Molecular dynamics of proteorhodopsin in lipid bilayers by solid-state NMR.

Environmental factors such as temperature, hydration, and lipid bilayer properties are tightly coupled to the dynamics of membrane proteins. So far, site-resolved data visualizing the protein's response to alterations in these factors are rare, and conclusions had to be drawn from dynamic data averaged over the whole protein structure. In the current study, high-resolution solid-state NMR at high magnetic field was used to investigate their effects on the molecular dynamics of green proteorhodopsin, a bacterial light-driven proton pump. Through-space and through-bond correlation experiments were employed to identify and characterize highly mobile and motionally restricted regions of proteorhodopsin. Our data show that hydration water plays an essential role for enhancing molecular dynamics of residues in tails and interhelical loops, while it is found less important for residues in transmembrane domains or rigid, structured loop segments.

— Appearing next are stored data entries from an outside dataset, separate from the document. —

-- ===== src/Orders/Sessions.antt =====
-- Sessions (common/http/src/Session.cpp) whose requests the orders server answers.
use ecommerce_platform.Prelude.{
  ℕ, ◌≡◌, refl, sym, subst, ◌+◌, if◌then◌else◌, inl, inr, Bool, true, false, Option, arith, Text,
  text, Bool-cases, leb,
}
use ecommerce_platform.Http.Error.{HttpError, Outcome, returns}
use ecommerce_platform.Http.Json.{JsonLibrary, IsAscii}
use ecommerce_platform.Http.Message.{Request, Response, error_response}
use ecommerce_platform.Http.Message.Printing.{IsPrintable, error_reply, error_response-error_reply}
use ecommerce_platform.Http.Router.{Target, route}
use ecommerce_platform.Http.Router.Answers.{Reports, error_body-Reports}
use ecommerce_platform.Orders.Controller.{OrdersController}
use ecommerce_platform.Orders.Routes.{orders_trie}
use ecommerce_platform.Orders.Serving.{ascii-IsPrintable}
use ecommerce_platform.Orders.Total.{route-returns}
use ecommerce_platform.Server.Session.{
  SessionConfig, ErrorCode, is_open, timeout, end_of_stream, header_limit, body_limit, other_error,
  State, Session, k_open, k_closing, k_closed, writing, completed, close, request_close, do_write,
  start_write, handle_read_error, handle_read_success, make_parser_error, default_request,
  without_keep_alive,
}

-- The session sends a response with this status and this body.
pub record Sends (res : Response) (s : Session) : Type 0 where
  pub was_open : Bool
  pub sent : Response
  pub is_written : s.pending ≡ writing was_open sent
  pub same_status : sent.status ≡ res.status
  pub same_body : sent.body ≡ res.body

-- The session sends a response with the status of the error, a body that reports it, and the end of
-- the connection.
pub record Refused (lib : JsonLibrary) (error : HttpError) (s : Session) : Type 0 where
  pub was_open : Bool
  pub sent : Response
  pub is_written : s.pending ≡ writing was_open sent
  pub same_status : sent.status ≡ error.status
  pub reports : Reports lib sent.body error
  pub ends_connection : sent.keep_alive ≡ false

-- What becomes of a session whose read has ended with the error.
abbrev pub Ends : JsonLibrary → ErrorCode → Session → Session → Type 0
Ends lib timeout s t = t ≡ close false (completed s)
Ends lib end_of_stream s t = t ≡ close false (completed s)
Ends lib header_limit s t =
    Refused lib
      (record {
        status = 431;
        code = text "header_limit_exceeded";
        message = text "Request header fields are too large";
      })
      t
Ends lib body_limit s t =
    Refused lib
      (record {
        status = 413;
        code = text "body_limit_exceeded";
        message = text "Request body is too large";
      })
      t
Ends lib other_error s t =
    Refused lib
      (record {
        status = 400;
        code = text "malformed_http_request";
        message = text "Malformed HTTP request";
      })
      t

refusal-IsAscii :
    (ec : ErrorCode) → IsAscii (make_parser_error ec).code × IsAscii (make_parser_error ec).message
unfolding make_parser_error
refusal-IsAscii header_limit = (omega arith, omega arith)
refusal-IsAscii body_limit = (omega arith, omega arith)
refusal-IsAscii timeout = (omega arith, omega arith)
refusal-IsAscii end_of_stream = (omega arith, omega arith)
refusal-IsAscii other_error = (omega arith, omega arith)

first_of {ℓ} : {A : Type ℓ} (b : Bool) (x y : A) → b ≡ true → (if b then x else y) ≡ x
first_of b x y h = rw h

second_of {ℓ} : {A : Type ℓ} (b : Bool) (x y : A) → b ≡ false → (if b then x else y) ≡ y
second_of b x y h = rw h

module _ (lib : JsonLibrary) (parse_target : Text → Option Target)
    (lock : ℕ → Option OrdersController) (config : SessionConfig) where
  abbrev pub serve : Request → Outcome Response
  serve = route lib parse_target lock (orders_trie lib)

  start_write-Sends : (res : Response) (s : Session) → Sends res (start_write res s)
  start_write-Sends res s = sends s.state
    where
      sends : (state : State) → Sends res (start_write res (record s { state = state }))
      sends k_closing = record {
        was_open = is_open s.socket;
        sent = without_keep_alive res;
        is_written = refl;
        same_status = refl;
        same_body = refl;
      }
      sends k_open = record {
        was_open = is_open s.socket;
        sent = res;
        is_written = refl;
        same_status = refl;
        same_body = refl;
      }
      sends k_closed = record {
        was_open = is_open s.socket;
        sent = res;
        is_written = refl;
        same_status = refl;
        same_body = refl;
      }

  do_write-Sends : (res : Response) (s : Session) → Sends res (do_write lib serve config res s)
  unfolding do_write
  do_write-Sends res s =
      elim (Bool-cases (leb config.max_requests_per_connection s.requests_handled)) [
        | inl last ↦
            subst (Sends res) (sym (first_of _ _ _ last)) (start_write-Sends res (request_close s))
        | inr more ↦ subst (Sends res) (sym (second_of _ _ _ more)) (start_write-Sends res s)
      ]

  answered :
      (s : Session) (req : Request) (res : Response)
      → serve req ≡ returns res
      → handle_read_success lib serve config req (completed s)
        ≡ returns (
            do_write lib serve config res
              (record (completed s) { requests_handled = s.requests_handled + 1 }))
  unfolding handle_read_success
  answered s req res e = rw e refl

  refusal_reply :
      (ec : ErrorCode)
      → error_response lib default_request (make_parser_error ec)
        ≡ returns (error_reply lib default_request (make_parser_error ec))
  refusal_reply ec =
      error_response-error_reply lib default_request _
        (ascii-IsPrintable lib (make_parser_error ec) (refusal-IsAscii ec))

  start_write-Refused :
      (error : HttpError) (s : Session)
      → IsPrintable lib error
      → Refused lib error
          (start_write (without_keep_alive (error_reply lib default_request error)) s)
  start_write-Refused error s p = refuses s.state
    where
      refuses :
          (state : State)
          → Refused lib error (
              start_write
                (without_keep_alive (error_reply lib default_request error))
                (record s { state = state }))
      refuses k_closing = record {
        was_open = is_open s.socket;
        sent = without_keep_alive (error_reply lib default_request error);
        is_written = refl;
        same_status = refl;
        reports = error_body-Reports lib error p;
        ends_connection = refl;
      }
      refuses k_open = record {
        was_open = is_open s.socket;
        sent = without_keep_alive (error_reply lib default_request error);
        is_written = refl;
        same_status = refl;
        reports = error_body-Reports lib error p;
        ends_connection = refl;
      }
      refuses k_closed = record {
        was_open = is_open s.socket;
        sent = without_keep_alive (error_reply lib default_request error);
        is_written = refl;
        same_status = refl;
        reports = error_body-Reports lib error p;
        ends_connection = refl;
      }

  do_write-Refused :
      (error : HttpError) (s : Session)
      → IsPrintable lib error
      → Refused lib error
          (do_write lib serve config (without_keep_alive (error_reply lib default_request error)) s)
  unfolding do_write
  do_write-Refused error s p =
      elim (Bool-cases (leb config.max_requests_per_connection s.requests_handled)) [
        | inl last ↦
            subst (Refused lib error) (sym (first_of _ _ _ last))
              (start_write-Refused error (request_close s) p)
        | inr more ↦
            subst (Refused lib error) (sym (second_of _ _ _ more)) (start_write-Refused error s p)
      ]

  error-IsPrintable : (ec : ErrorCode) → IsPrintable lib (make_parser_error ec)
  error-IsPrintable ec = ascii-IsPrintable lib (make_parser_error ec) (refusal-IsAscii ec)

  refused :
      (s : Session) (ec : ErrorCode)
      → (t : Session) × (handle_read_error lib serve config ec (completed s) ≡ returns t)
        × Ends lib ec s t
  unfolding handle_read_error make_parser_error
  refused s timeout = (_, refl, refl)
  refused s end_of_stream = (_, refl, refl)
  refused s header_limit = (
    _,
    rw (refusal_reply header_limit) refl,
    do_write-Refused (make_parser_error header_limit) (completed s)
        (error-IsPrintable header_limit),
  )
  refused s body_limit = (
    _,
    rw (refusal_reply body_limit) refl,
    do_write-Refused (make_parser_error body_limit) (completed s) (error-IsPrintable body_limit),
  )
  refused s other_error = (
    _,
    rw (refusal_reply other_error) refl,
    do_write-Refused (make_parser_error other_error) (completed s) (error-IsPrintable other_error),
  )

  -- When a read of a session of the orders server completes, its handler throws nothing. With a
  -- request, the server answers, and the session writes a response with the status and the body of the
  -- answer. With a timeout or the end of the stream the session closes; with any other error it writes
  -- the error response for it (431, 413 or 400), which ends the connection.
  pub read_goes_on :
      (s : Session) (req : Request) (ec : ErrorCode)
      → ((res : Response) × (t : Session) × (serve req ≡ returns res)
          × (handle_read_success lib serve config req (completed s) ≡ returns t)
          × Sends res t)
        × ((t : Session) × (handle_read_error lib serve config ec (completed s) ≡ returns t)
            × Ends lib ec s t)
  read_goes_on s req ec =
      let (res, e) = route-returns lib parse_target lock req in
      ((res, _, e, answered s req res e, do_write-Sends res _), refused s ec)
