-- ===== src/Parser.antt =====
-- common/parser: text to typed values (include/ValueParser.hpp) and parameter lookup
-- (include/TypedParams.hpp), with the routines of the standard library that they call.
pub mod Integral
pub mod Floating
pub mod Values
pub mod Params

In contrast, switching the lipids from the gel to their liquid crystalline phase enhances molecular fluctuations mainly in transmembrane helices on a time scale of 10(-6) s, but has little effect on loop and tail residues. Increased mobility is especially observed in helices C, F, and G, but also in the EF loop. Fluctuations in those regions are relevant to structural dynamics during the photocycle of proteorhodopsin. Our data are important for the functional understanding of proteorhodopsin, but also offer an important contribution to the general understanding of site-resolved effects of water and lipid bilayers onto the dynamic properties of membrane proteins.